Bash looping constructs are actually very simple: there's essentially two different types of for loops plus while loops and that's it. The most common type of loop in command-line tasks is the simple "for <var> in <list of values> ..." type loop:

for f in *.gz; do
echo ===== $i
zcat $i | grep -i pattern
done

The trick is that the "<list of values>" can be pretty much anything you can imagine, because Unix makes command output substitution so natural. For example, here's one of our previous solutions from Episode #56: Find the Missing JPEG:

for i in $(seq -w 1 1300); do [ ! -f $i.jpg ] && echo $i.jpg; done

You can have the for loop iterate over a directory structure simply by having it iterate over the output of a find command, though usually "find ... -exec ..." or "find ... | xargs ..." suffices instead of a loop. In any event, the ability to do arbitrary command substitution for the list of values the for loop iterates over is why bash only needs a single simple for loop construct rather than separate "for /D", "for /R", etc like Windows does.

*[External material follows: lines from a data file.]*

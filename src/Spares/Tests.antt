-- ===== src/Spares/Tests.antt =====
-- Tests of spare_part_movement_service.py, on an engine that calculates in thousandths.
use daily_figures.Common.{
  ℕ, ◌≡◌, refl, true, false, none, some, [], ◌∷◌, String, ℤ, pos, ◌==◌, if◌then◌else◌, Result, ok,
  raise, ◌⊎◌, is_negative, leb_ℤ, arith, List,
}
use daily_figures.Common.Int.{◌+ℤ◌, ◌-ℤ◌}
use daily_figures.Stock.Tests.{chief}
use daily_figures.Spares.{
  litres, SparePart, Ledger, stock_loop, current_stock, bulk_current_stock, stock_status_for, low,
}
use daily_figures.Spares.Amounts.{Decimal, Engine, to_thousandths, difference, magnitude}
use daily_figures.Spares.Record.{
  MovementError, insufficient_stock, increase_cache, decrease_cache, create_movement,
  validate_quantity_for_unit, record_stock_in, record_stock_out, record_stock_count, correct_stock,
}
use daily_figures.Spares.Balance.{bulk_current_stock-eq}
use daily_figures.Spares.Count.{ReadsBack, Counted, NewestCompares, Short, record_stock_count-exact}
use daily_figures.Spares.Shelf.{
  issue, Request, receive, count, handle, effect_of, Follows, handle-Follows,
}

abbrev engine : Engine ℤ
engine = record {
  add = λ c q. c +ℤ to_thousandths q;
  subtract = λ c q. c -ℤ to_thousandths q;
  at_least = λ c q. leb_ℤ (to_thousandths q) c;
  read_back = to_thousandths;
}

engine-ReadsBack : ReadsBack engine
engine-ReadsBack = record { exact = λ d few fits. refl }

abbrev oil : SparePart ℤ
oil = record {
  id = 7;
  unit = litres;
  minimum_stock = some (pos 5000);
  active = true;
  current_stock_cache = pos 0;
}

abbrev empty_store : Ledger ℤ
empty_store = record {
  part_at = λ id. if id == 7 then some oil else none;
  machine_at = λ _. none;
  movements = [];
  next_movement_id = 1;
}

abbrev as_given : String → String
as_given text = text

abbrev tenths : ℕ → Decimal
tenths n = record { units = pos n; decimals = 1 }

abbrev received : Request ℤ
received = receive oil (some (tenths 45)) chief 20 none none none

abbrev counted : Request ℤ
counted = count oil (some (tenths 40)) chief 21 (some "shelf count") none

abbrev issued : Request ℤ
issued = issue oil (some (tenths 95)) chief 22 (some "Moses") none none none none

abbrev after : Ledger ℤ → Result MovementError (Ledger ℤ) → Ledger ℤ
after db (ok db') = db'
after db (raise e) = db

abbrev run : List (Request ℤ) → Ledger ℤ → Ledger ℤ
run [] db = db
run (r ∷ rs) db = run rs (after db (handle engine as_given r db))

-- Of two deliveries, a count and an issue that is too large, the issue leaves nothing behind.
stock_after :
    current_stock 7 (run (received ∷ received ∷ counted ∷ issued ∷ []) empty_store).movements
    ≡ pos 4000
unfolding current_stock stock_loop handle record_stock_in record_stock_out record_stock_count
    correct_stock create_movement validate_quantity_for_unit increase_cache decrease_cache
    difference ◌+ℤ◌ ◌-ℤ◌
stock_after = refl

status_after : stock_status_for oil (some (pos 5000)) [] ≡ low
unfolding stock_status_for
status_after = refl

handle-Follows_example :
    Follows engine
      (effect_of engine received [])
      empty_store
      (after empty_store (handle engine as_given received empty_store))
unfolding handle record_stock_in create_movement validate_quantity_for_unit increase_cache
handle-Follows_example =
    handle-Follows engine as_given received empty_store
      (after empty_store (handle engine as_given received empty_store)) refl

bulk_current_stock-eq_example : bulk_current_stock (7 ∷ 8 ∷ []) [] 8 ≡ some (current_stock 8 [])
bulk_current_stock-eq_example = bulk_current_stock-eq (7 ∷ 8 ∷ []) [] 8

counting : Counted as_given oil (tenths 40) (some "shelf count") empty_store
unfolding current_stock stock_loop difference ◌-ℤ◌
counting = record {
  in_use = refl;
  positive = refl;
  whole = refl;
  whole_difference = refl;
  for_reason = refl;
  three_decimals = omega arith;
  fits = omega arith;
}

record_stock_count-exact_example :
    ((db' : Ledger ℤ) × (record_stock_count engine as_given oil
          (some (tenths 40))
          chief
          21
          (some "shelf count")
          none
          empty_store
        ≡ ok db')
      × (current_stock 7 db'.movements ≡ to_thousandths (tenths 40))
      × ((id : ℕ) → (id == 7) ≡ false → current_stock id db'.movements ≡ current_stock id [])
      × NewestCompares db'.movements (current_stock 7 []) (to_thousandths (tenths 40)))
    ⊎ ((record_stock_count engine as_given oil
            (some (tenths 40))
            chief
            21
            (some "shelf count")
            none
            empty_store
          ≡ raise insufficient_stock)
        × (is_negative (to_thousandths (tenths 40) -ℤ current_stock 7 []) ≡ true)
        × Short engine 7 (magnitude (difference (tenths 40) (current_stock 7 []))) empty_store)
record_stock_count-exact_example =
    record_stock_count-exact engine as_given oil (tenths 40) chief 21 (some "shelf count") none
      empty_store engine-ReadsBack counting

Bash does have a C-style for loop for iterating over a series of numbers. For example, here's the alternate solution from Episode #56 that doesn't require the seq command:

for ((i=1; $i <= 1300; i++)); do file=$(printf "%04d.jpg" $i); \
[ ! -f $file ] && echo $file; done

On systems that have seq, I actually find it easier to type "for i in $(seq ...); do ..." than the C-style for loop, but your mileage, as always, may vary.

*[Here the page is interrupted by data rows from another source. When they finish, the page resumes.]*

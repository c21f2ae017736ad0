-- ===== src/Stock.antt =====
-- webapp/services/stock_service.py: the stock of a product as a balance that is carried forward from
-- period to period, a period being a date and a shift.
pub mod Database
pub mod Queries
pub mod Anchor
pub mod Carry
pub mod Window
pub mod Eligibility
pub mod View
pub mod Upsert
pub mod Tests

The other loop construct that bash has is a while loop. The simplest kind of while loop is an infinite loop. For example, there's our first solution in Episode #3 for watching the file count in a directory:

while :; do ls | wc -l; sleep 5; done

The ":" in this context is a special marker in bash that always evaluates to true.

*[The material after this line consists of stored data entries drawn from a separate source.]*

-- ===== src/Stock/Upsert/Saved.antt =====
-- stock_service.py, `upsert_daily_figure`: what a save that succeeds has written.
use daily_figures.Common.{
  ℕ, ◌≡◌, ◌⊎◌, refl, sym, ◌∙◌, ap, inl, inr, Bool, true, false, Option, some, String, ℤ,
  Option-cases, Result, ok, raise, pos, Result-cases,
}
use daily_figures.Packaging.{PackagingRule, Quantity, from_base_units}
use daily_figures.Records.{
  Shift, DailyFigure, OpeningSource, derived, Product, current_packaging_rule, User,
}
use daily_figures.Stock.Database.{Database}
use daily_figures.Stock.Anchor.{figure_at}
use daily_figures.Stock.Anchor.Latest.{AreDistinct, figure_at_some}
use daily_figures.Stock.Upsert.Rows.{AreBelow}
use daily_figures.Stock.Upsert.Stored.{IsAtPeriod, IsAtPeriod-stored}
use daily_figures.Stock.Upsert.{
  StockError, OpeningInput, Submitted, submit, choose_opening, write_opening, new_figure,
  figure_or_new, opening_locked_at, finish_row, correction_audit, commit_row, is_kept,
  is_explicit_edit, split_or_zero, set_opening, quantity_of, save_opening, upsert_daily_figure,
}

abbrev value : {E A : Type 0} → A → Result E A → A
value a (ok b) = b
value a (raise e) = a

abbrev pub value_of : Result StockError (OpeningSource × ℤ) → OpeningSource × ℤ
value_of (ok r) = r
value_of (raise e) = (derived, pos 0)

-- A save leaves a row's key, and what identifies its period, alone.
pub record IsSameRow (f g : DailyFigure) : Type 0 where
  pub same_id : g.id ≡ f.id
  pub same_product : g.product_id ≡ f.product_id
  pub same_date : g.date ≡ f.date
  pub same_shift : g.shift ≡ f.shift

is_same_row : (f : DailyFigure) → IsSameRow f f
is_same_row f = record { same_id = refl; same_product = refl; same_date = refl; same_shift = refl }

-- What is written: the row as it was, or the row with the chosen opening.
pub write_opening_ok :
    (rule : PackagingRule) (keep : Bool) (source : OpeningSource) (base : ℤ) (s : Option Submitted)
    (f w : DailyFigure)
    → write_opening rule keep (source, base) s f ≡ ok w
    → ((keep ≡ true) × (w ≡ f))
      ⊎ ((keep ≡ false)
          × (q : Quantity) × (is_override : Bool) × (w ≡ set_opening f q base source is_override))
unfolding write_opening
write_opening_ok rule true source base s f w e = inl (refl, ap (value f) (sym e))
write_opening_ok rule false derived base s f w e =
    elim (Result-cases (split_or_zero (from_base_units base rule))) [
      | inl (q, split) ↦ inr (refl, q, false, sym (ap (value f) (rw split at e)))
      | inr (err, failed) ↦ cc (rw failed at e)
    ]
write_opening_ok rule false source base s f w e =
    inr (refl, quantity_of s, true, sym (ap (value f) e))

write_opening-IsSameRow :
    (rule : PackagingRule) (keep : Bool) (source : OpeningSource) (base : ℤ) (s : Option Submitted)
    (f w : DailyFigure)
    → write_opening rule keep (source, base) s f ≡ ok w
    → IsSameRow f w
write_opening-IsSameRow rule keep source base s f w e =
    elim (write_opening_ok rule keep source base s f w e) [
      | inl (_, same) ↦ rw same (is_same_row f)
      | inr (_, q, is_override, new) ↦
          rw new
            (record { same_id = refl; same_product = refl; same_date = refl; same_shift = refl })
    ]

-- A save that succeeds, step by step.
pub record Saving (db : Database) (rule : PackagingRule) (product : Product) (date : ℕ)
    (shift : Shift) (figure : Option DailyFigure) (opening_locked : Option ℤ)
    (submitted : Option Submitted) (user : User) (explicit_edit : Bool) (reason : Option String)
    (db' : Database) (saved : DailyFigure) : Type 0 where
  pub source : OpeningSource
  pub base : ℤ
  pub chosen :
      choose_opening opening_locked submitted explicit_edit reason figure ≡ ok (source, base)
  pub written : DailyFigure
  pub is_written :
      write_opening rule
        (is_kept figure explicit_edit opening_locked)
        (source, base)
        submitted
        (figure_or_new db product.id date shift user figure)
      ≡ ok written
  pub is_finished : (notes : Option String) × (saved ≡ finish_row rule notes user written)
  pub is_committed :
      db'
      ≡ commit_row db figure explicit_edit
          (correction_audit opening_locked figure reason user saved)
          saved

pub save_opening_ok :
    (db : Database) (rule : PackagingRule) (product : Product) (date : ℕ) (shift : Shift)
    (figure : Option DailyFigure) (opening_locked : Option ℤ) (submitted : Option Submitted)
    (notes : Option String) (user : User) (explicit_edit : Bool) (reason : Option String)
    (db' : Database) (saved : DailyFigure)
    → save_opening db rule product date shift figure opening_locked submitted notes user
        explicit_edit reason
      ≡ ok (db', saved)
    → Saving db rule product date shift figure opening_locked submitted user explicit_edit reason
        db' saved
unfolding save_opening
save_opening_ok db rule product date shift figure opening_locked submitted notes user explicit_edit
      reason db' saved e =
    elim (Result-cases (choose_opening opening_locked submitted explicit_edit reason figure)) [
      | inr (err, failed) ↦ cc (rw failed at e)
      | inl ((source, base), chosen) ↦
          elim (Result-cases (
            write_opening rule (is_kept figure explicit_edit opening_locked) (source, base)
              submitted (figure_or_new db product.id date shift user figure))) [
                | inr (err, failed) ↦ cc (rw failed at (rw chosen at e))
                | inl (w, is_written) ↦
                    let both = ap (value (db, w)) (rw is_written at (rw chosen at e)) in
                    let saved_eq = ap (λ (r : Database × DailyFigure). r.1) both in
                    record {
                      source = source;
                      base = base;
                      chosen = chosen;
                      written = w;
                      is_written = is_written;
                      is_finished = (notes, sym saved_eq);
                      is_committed =
                          sym (ap (λ (r : Database × DailyFigure). r.0) both)
                          ∙ ap
                              (λ (r : DailyFigure).
                                commit_row db figure explicit_edit
                                  (correction_audit opening_locked figure reason user r) r)
                              saved_eq;
                    }
              ]
    ]

Saving-IsAtPeriod :
    (db : Database) (rule : PackagingRule) (product : Product) (date : ℕ) (shift : Shift)
    (figure : Option DailyFigure) (opening_locked : Option ℤ) (submitted : Option Submitted)
    (user : User) (explicit_edit : Bool) (reason : Option String) (db' : Database)
    (saved : DailyFigure)
    → figure_at db product.id date shift ≡ figure
    → Saving db rule product date shift figure opening_locked submitted user explicit_edit reason
        db' saved
    → IsAtPeriod db product.id date shift saved
Saving-IsAtPeriod db rule product date shift figure opening_locked submitted user explicit_edit
      reason db' saved at_period s =
    let w = write_opening-IsSameRow rule _ s.source s.base submitted _ s.written s.is_written in
    let e = s.is_finished.1 in
    elim (Option-cases figure) [
      | inl missing ↦
          let w' : IsSameRow (new_figure db product.id date shift user) s.written =
            rw missing at w in
          record {
            at_product = ap (λ (r : DailyFigure). r.product_id) e ∙ w'.same_product;
            at_date = ap (λ (r : DailyFigure). r.date) e ∙ w'.same_date;
            at_shift = ap (λ (r : DailyFigure). r.shift) e ∙ w'.same_shift;
            keeps_id = λ f found. cc (at_period, missing, found);
            new_id = λ _. ap (λ (r : DailyFigure). r.id) e ∙ w'.same_id;
          }
      | inr (f, found) ↦
          let w' : IsSameRow f s.written = rw found at w in
          let (_, of_product, on_date, in_shift) =
            figure_at_some product.id date shift db.figures f (at_period ∙ found) in
          record {
            at_product = ap (λ (r : DailyFigure). r.product_id) e ∙ w'.same_product ∙ of_product;
            at_date = ap (λ (r : DailyFigure). r.date) e ∙ w'.same_date ∙ on_date;
            at_shift = ap (λ (r : DailyFigure). r.shift) e ∙ w'.same_shift ∙ in_shift;
            keeps_id = λ g found'. cc (at_period, found, found', e, w'.same_id);
            new_id = λ missing. cc (at_period, missing, found);
          }
    ]

pub Saving-stored :
    (db : Database) (rule : PackagingRule) (product : Product) (date : ℕ) (shift : Shift)
    (submitted : Option Submitted) (user : User) (explicit_edit : Bool) (reason : Option String)
    (db' : Database) (saved : DailyFigure)
    → AreDistinct db.figures
    → AreBelow db.next_id db.figures
    → Saving db rule product date shift
        (figure_at db product.id date shift)
        (opening_locked_at db product.id date shift)
        submitted
        user
        explicit_edit
        reason
        db'
        saved
    → AreDistinct db'.figures
      × AreBelow db'.next_id db'.figures
      × (figure_at db' product.id date shift ≡ some saved)
Saving-stored db rule product date shift submitted user explicit_edit reason db' saved d b s =
    let at =
      Saving-IsAtPeriod db rule product date shift _ _ submitted user explicit_edit reason db' saved
        refl s in
    rw s.is_committed (
      IsAtPeriod-stored db product.id date shift saved (figure_at db product.id date shift)
        explicit_edit
        (correction_audit (opening_locked_at db product.id date shift)
          (figure_at db product.id date shift) reason user saved)
        d b at refl)

pub upsert_daily_figure_ok :
    (db : Database) (now : ℕ) (rule : PackagingRule) (product : Product) (date : ℕ) (shift : Shift)
    (opening : Option OpeningInput) (submitted : Option Submitted) (notes : Option String)
    (user : User) (explicitly_edited : Bool) (reason : Option String) (db' : Database)
    (saved : DailyFigure)
    → current_packaging_rule product now ≡ some rule
    → submit opening rule ≡ ok submitted
    → upsert_daily_figure db now product date shift opening notes user explicitly_edited reason
      ≡ ok (db', saved)
    → Saving db rule product date shift
        (figure_at db product.id date shift)
        (opening_locked_at db product.id date shift)
        submitted
        user
        (is_explicit_edit db user explicitly_edited submitted)
        reason
        db'
        saved
unfolding upsert_daily_figure
upsert_daily_figure_ok db now rule product date shift opening submitted notes user explicitly_edited
      reason db' saved r s e =
    save_opening_ok db rule product date shift _ _ submitted notes user _ reason db' saved
      (rw s at (rw (r, upsert_daily_figure) at e))

-- A save that succeeds keeps the table's constraints and the engine's next key above every key, and
-- the row that it returns is the one row of its product and period.
pub upsert_daily_figure-AreDistinct :
    (db : Database) (now : ℕ) (product : Product) (date : ℕ) (shift : Shift)
    (opening : Option OpeningInput) (notes : Option String) (user : User) (explicitly_edited : Bool)
    (reason : Option String) (db' : Database) (saved : DailyFigure)
    → AreDistinct db.figures
    → AreBelow db.next_id db.figures
    → upsert_daily_figure db now product date shift opening notes user explicitly_edited reason
      ≡ ok (db', saved)
    → AreDistinct db'.figures
      × AreBelow db'.next_id db'.figures
      × (figure_at db' product.id date shift ≡ some saved)
unfolding upsert_daily_figure
upsert_daily_figure-AreDistinct db now product date shift opening notes user explicitly_edited
      reason db' saved d b e =
    elim (Option-cases (current_packaging_rule product now)) [
      | inl missing ↦ cc (rw (missing, upsert_daily_figure) at e)
      | inr (rule, r) ↦ elim (Result-cases (submit opening rule)) [
        | inr (err, failed) ↦ cc (rw failed at (rw (r, upsert_daily_figure) at e))
        | inl (submitted, s) ↦
            Saving-stored db rule product date shift submitted user _ reason db' saved d b (
              upsert_daily_figure_ok db now rule product date shift opening submitted notes user
                explicitly_edited reason db' saved r s e)
      ]
    ]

However, you can use any conditional expression in the while loop that you wish. One example is the common idiom for reading data out of a file:

while read l; do ...; done </path/to/some/file

In this case, the read command returns true as long as it is able to read a line from the input file. When EOF is reached, read returns false and the loop terminates.

Here's another example with a more general conditional statement at the top of the loop. This little bit of code tries to periodically unmount a busy file system. It will continue to iterate until the umount command actually succeeds and the mount point no longer appears in the output of df:

umount $MOUNTPT
while [[ "X$(df -P $MOUNTPT | grep $MOUNTPT)" != "X" ]]; do
sleep 10
umount $MOUNTPT
done


What a lot of folks don't know is that bash also has an "until" loop. But until loops are really just while loops where the condition has been negated. So we could use an until loop to rewrite the example above very easily:

umount $MOUNTPT
until [[ "X$(df -P $MOUNTPT | grep $MOUNTPT)" = "X" ]]; do
sleep 10
umount $MOUNTPT
done

The only changes are replacing "while" with "until" and "!=" with "=".

There are also other commands in Unix that are essentially implicit iteration operators: find which iterates over a list of directories, xargs which iterates over a list of input values, and sed and awk which iterate over the lines of a file. Very often you can use these operators instead of a traditional for or while loop.